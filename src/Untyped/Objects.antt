-- ===== src/Untyped/Objects.antt =====
-- The loop of `create_objects`: all the objects, and the list that their slots make.
use Prim.Native.Nat.{bit_or}
use untitled_bare_metal.Base.{
  ℕ, zero, suc, ◌+◌, ◌*◌, ◌%◌, ◌^◌, ◌≤◌, ◌<◌, ◌≡◌, ◌≢◌, ◌∙◌, refl, true, false, List, ◌∷◌, ◌++◌,
  arith, has, has-append, has-insert_out, has-insert_in, ℕ_discrete, ◌==◌,
}
use untitled_bare_metal.Cap.{is_safe_cap_ptr}
use untitled_bare_metal.Cdt.{Slots}
use untitled_bare_metal.Cdt.Chain.{Chain, ne-of-out}
use untitled_bare_metal.Kernel.{Kernel, done}
use untitled_bare_metal.CNode.{slot_at}
use untitled_bare_metal.Untyped.{create_objects, inside, clear_memory}
use untitled_bare_metal.Untyped.Create.{Names, created, create_object-ok, created_slots-Created}

-- Where object `j` lies.
abbrev pub object_at : (usable_memory obj_size hhdm j : ℕ) → ℕ
object_at usable_memory obj_size hhdm j = bit_or ((usable_memory + j * obj_size) % 2 ^ 64) hhdm

-- The kernel after `left` rounds from round `i`.
pub created_run : (untyped type size_bits base n usable left i : ℕ) → Kernel → Kernel
created_run untyped type size_bits base n usable zero i k = k
created_run untyped type size_bits base n usable (suc left) i k =
    created_run untyped type size_bits base n usable left (i + 1)
      (created untyped type size_bits (slot_at base i) n (object_at usable n k.hhdm i) k)

-- The slots in front of `ys`, the last one first.
abbrev pub onto : (base left i : ℕ) → List ℕ → List ℕ
onto base zero i ys = ys
onto base (suc left) i ys = onto base left (i + 1) (slot_at base i ∷ ys)

module _ (untyped type size_bits base n usable : ℕ) where
  pub create_objects-run :
      (left i : ℕ) (k : Kernel)
      → k.hhdm ≢ 0
      → ((j : ℕ) → i ≤ j → j < i + left → is_safe_cap_ptr (object_at usable n k.hhdm j) ≡ true)
      → create_objects untyped type size_bits base n usable left i k
        ≡ done tt (created_run untyped type size_bits base n usable left i k)
  unfolding create_objects created_run
  create_objects-run zero i k mapped safe = refl
  create_objects-run (suc left) i k mapped safe =
      rw
        (create_object-ok untyped type size_bits (slot_at base i) n ((usable + i * n) % 2 ^ 64) k
          mapped (safe i (omega arith) (omega arith)))
        (create_objects-run left (i + 1)
          (created untyped type size_bits (slot_at base i) n (object_at usable n k.hhdm i) k) mapped
          (λ j lo hi. safe j (omega arith) (omega arith)))

-- The new slots are distinct and in no list, and no object lies over a slot in use.
pub record Placed (base n usable hhdm : ℕ) (zs : List ℕ) (left i : ℕ) : Type 0 where
  pub fresh :
      (j : ℕ) → i ≤ j → j < i + left → (slot_at base j ≢ 0) × (has (slot_at base j) zs ≡ false)
  pub distinct : (j j' : ℕ) → i ≤ j → j < j' → j' < i + left → slot_at base j' ≢ slot_at base j
  pub listed :
      (j a : ℕ)
      → i ≤ j
      → j < i + left
      → has a zs ≡ true
      → inside (object_at usable n hhdm j) n a ≡ false
  pub apart :
      (j j' : ℕ)
      → i ≤ j
      → j < i + left
      → i ≤ j'
      → j' < i + left
      → inside (object_at usable n hhdm j) n (slot_at base j') ≡ false

differ : (a b : ℕ) → a ≢ b → (a == b) ≡ false
differ a b ne = ground arith

module _ (untyped base n usable hhdm : ℕ) (xs : List ℕ) where
  Placed-next :
      (ys : List ℕ) (left i : ℕ)
      → Placed base n usable hhdm (xs ++ untyped ∷ ys) (suc left) i
      → Placed base n usable hhdm (xs ++ untyped ∷ slot_at base i ∷ ys) left (i + 1)
  Placed-next ys left i p = record {
    fresh = λ j lo hi. (
      (p.fresh j (omega arith) (omega arith)).0,
      has-insert_out (slot_at base j) (slot_at base i) untyped xs ys
          (p.fresh j (omega arith) (omega arith)).1
          (differ (slot_at base j) (slot_at base i)
            (p.distinct i j (omega arith) (omega arith) (omega arith))),
    );
    distinct = λ j j' lo lt hi. p.distinct j j' (omega arith) lt (omega arith);
    listed = λ j a lo hi is. elim (ℕ_discrete a (slot_at base i)) [
      | yes e ↦ rw e (p.apart j i (omega arith) (omega arith) (omega arith) (omega arith))
      | no ne ↦
          p.listed j a (omega arith) (omega arith)
            (has-insert_in a (slot_at base i) untyped xs ys is (differ a (slot_at base i) ne))
    ];
    apart =
        λ j j' lo hi lo' hi'. p.apart j j' (omega arith) (omega arith) (omega arith) (omega arith);
  }

-- After the loop the new slots stand behind the untyped one, each names its object, and the other
-- capabilities of the list are as before.
pub record CreatedAll (untyped type size_bits base n usable hhdm : ℕ) (s s' : Slots)
    (xs ys : List ℕ) (left i : ℕ) : Type 0 where
  pub chain : Chain s' 0 (xs ++ untyped ∷ onto base left i ys)
  pub names :
      (j : ℕ)
      → i ≤ j
      → j < i + left
      → Names type size_bits (object_at usable n hhdm j) (s' (slot_at base j)).cap
  pub kept : (a : ℕ) → has a (xs ++ untyped ∷ ys) ≡ true → (s' a).cap ≡ (s a).cap

module _ (untyped type size_bits base n usable : ℕ) (xs : List ℕ) where
  mine : (i : ℕ) (ys : List ℕ) → has (slot_at base i) (xs ++ untyped ∷ slot_at base i ∷ ys) ≡ true
  mine i ys = ground (arith, has-append (slot_at base i) xs (untyped ∷ slot_at base i ∷ ys))

  bigger :
      (a i : ℕ) (ys : List ℕ)
      → has a (xs ++ untyped ∷ ys) ≡ true
      → has a (xs ++ untyped ∷ slot_at base i ∷ ys) ≡ true
  bigger a i ys is =
      ground
        (arith, has-append a xs (untyped ∷ ys), has-append a xs (untyped ∷ slot_at base i ∷ ys))

  other : (a b : ℕ) (zs : List ℕ) → has a zs ≡ true → has b zs ≡ false → a ≢ b
  other a b zs is out = ne-of-out b a zs is out

  pub created_run-CreatedAll :
      (left i : ℕ) (k : Kernel) (ys : List ℕ)
      → Chain k.cte 0 (xs ++ untyped ∷ ys)
      → Placed base n usable k.hhdm (xs ++ untyped ∷ ys) left i
      → CreatedAll untyped type size_bits base n usable k.hhdm k.cte
          (created_run untyped type size_bits base n usable left i k).cte
          xs
          ys
          left
          i
  unfolding created_run clear_memory
  created_run-CreatedAll zero i k ys chain p = record {
    chain = chain;
    names = λ j lo hi. absurd (omega arith);
    kept = λ a is. refl;
  }
  created_run-CreatedAll (suc left) i k ys chain p =
      let first =
        created_slots-Created k.cte xs untyped (slot_at base i) ys type size_bits
          (object_at usable n k.hhdm i) n chain (p.fresh i (omega arith) (omega arith)).0
          (p.fresh i (omega arith) (omega arith)).1
          (λ a is. p.listed i a (omega arith) (omega arith) is) in
      let rest =
        created_run-CreatedAll left (i + 1)
          (created untyped type size_bits (slot_at base i) n (object_at usable n k.hhdm i) k)
          (slot_at base i ∷ ys) first.chain
          (Placed-next untyped base n usable k.hhdm xs ys left i p) in
      record {
        chain = rest.chain;
        names = λ j lo hi. elim (ℕ_discrete j i) [
          | yes e ↦ rw (e, rest.kept (slot_at base i) (mine i ys)) first.names
          | no ne ↦ rest.names j (omega arith) (omega arith)
        ];
        kept = λ a is.
            rest.kept a (bigger a i ys is)
            ∙ first.kept a
                (other a (slot_at base i) (xs ++ untyped ∷ ys) is
                  (p.fresh i (omega arith) (omega arith)).1)
                (p.listed i a (omega arith) (omega arith) is);
      }

-- If the direct map is set, the objects' addresses are safe, the untyped slot stands in a
-- well-formed list, and the target slots are distinct, outside that list and not under the new
-- objects, then the loop of create_objects from round i for left rounds succeeds. The new slots
-- stand right behind the untyped slot in a well-formed list, the last one first, slot j holds an
-- original capability with badge 0 of the given type and size to object j, and the capabilities of
-- the old list are as before.
pub create_objects-CreatedAll :
    (untyped type size_bits base n usable left i : ℕ) (k : Kernel) (xs ys : List ℕ)
    → k.hhdm ≢ 0
    → ((j : ℕ) → i ≤ j → j < i + left → is_safe_cap_ptr (object_at usable n k.hhdm j) ≡ true)
    → Chain k.cte 0 (xs ++ untyped ∷ ys)
    → Placed base n usable k.hhdm (xs ++ untyped ∷ ys) left i
    → (k' : Kernel) × (create_objects untyped type size_bits base n usable left i k ≡ done tt k')
      × CreatedAll untyped type size_bits base n usable k.hhdm k.cte k'.cte xs ys left i
create_objects-CreatedAll untyped type size_bits base n usable left i k xs ys mapped safe chain
      placed =
    (
      created_run untyped type size_bits base n usable left i k,
      create_objects-run untyped type size_bits base n usable left i k mapped safe,
      created_run-CreatedAll untyped type size_bits base n usable xs left i k ys chain placed,
    )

_ _ _ _ _

Task statement: Respond with the count of lines above holding the string "append", and leave out everything else.

Written response: 3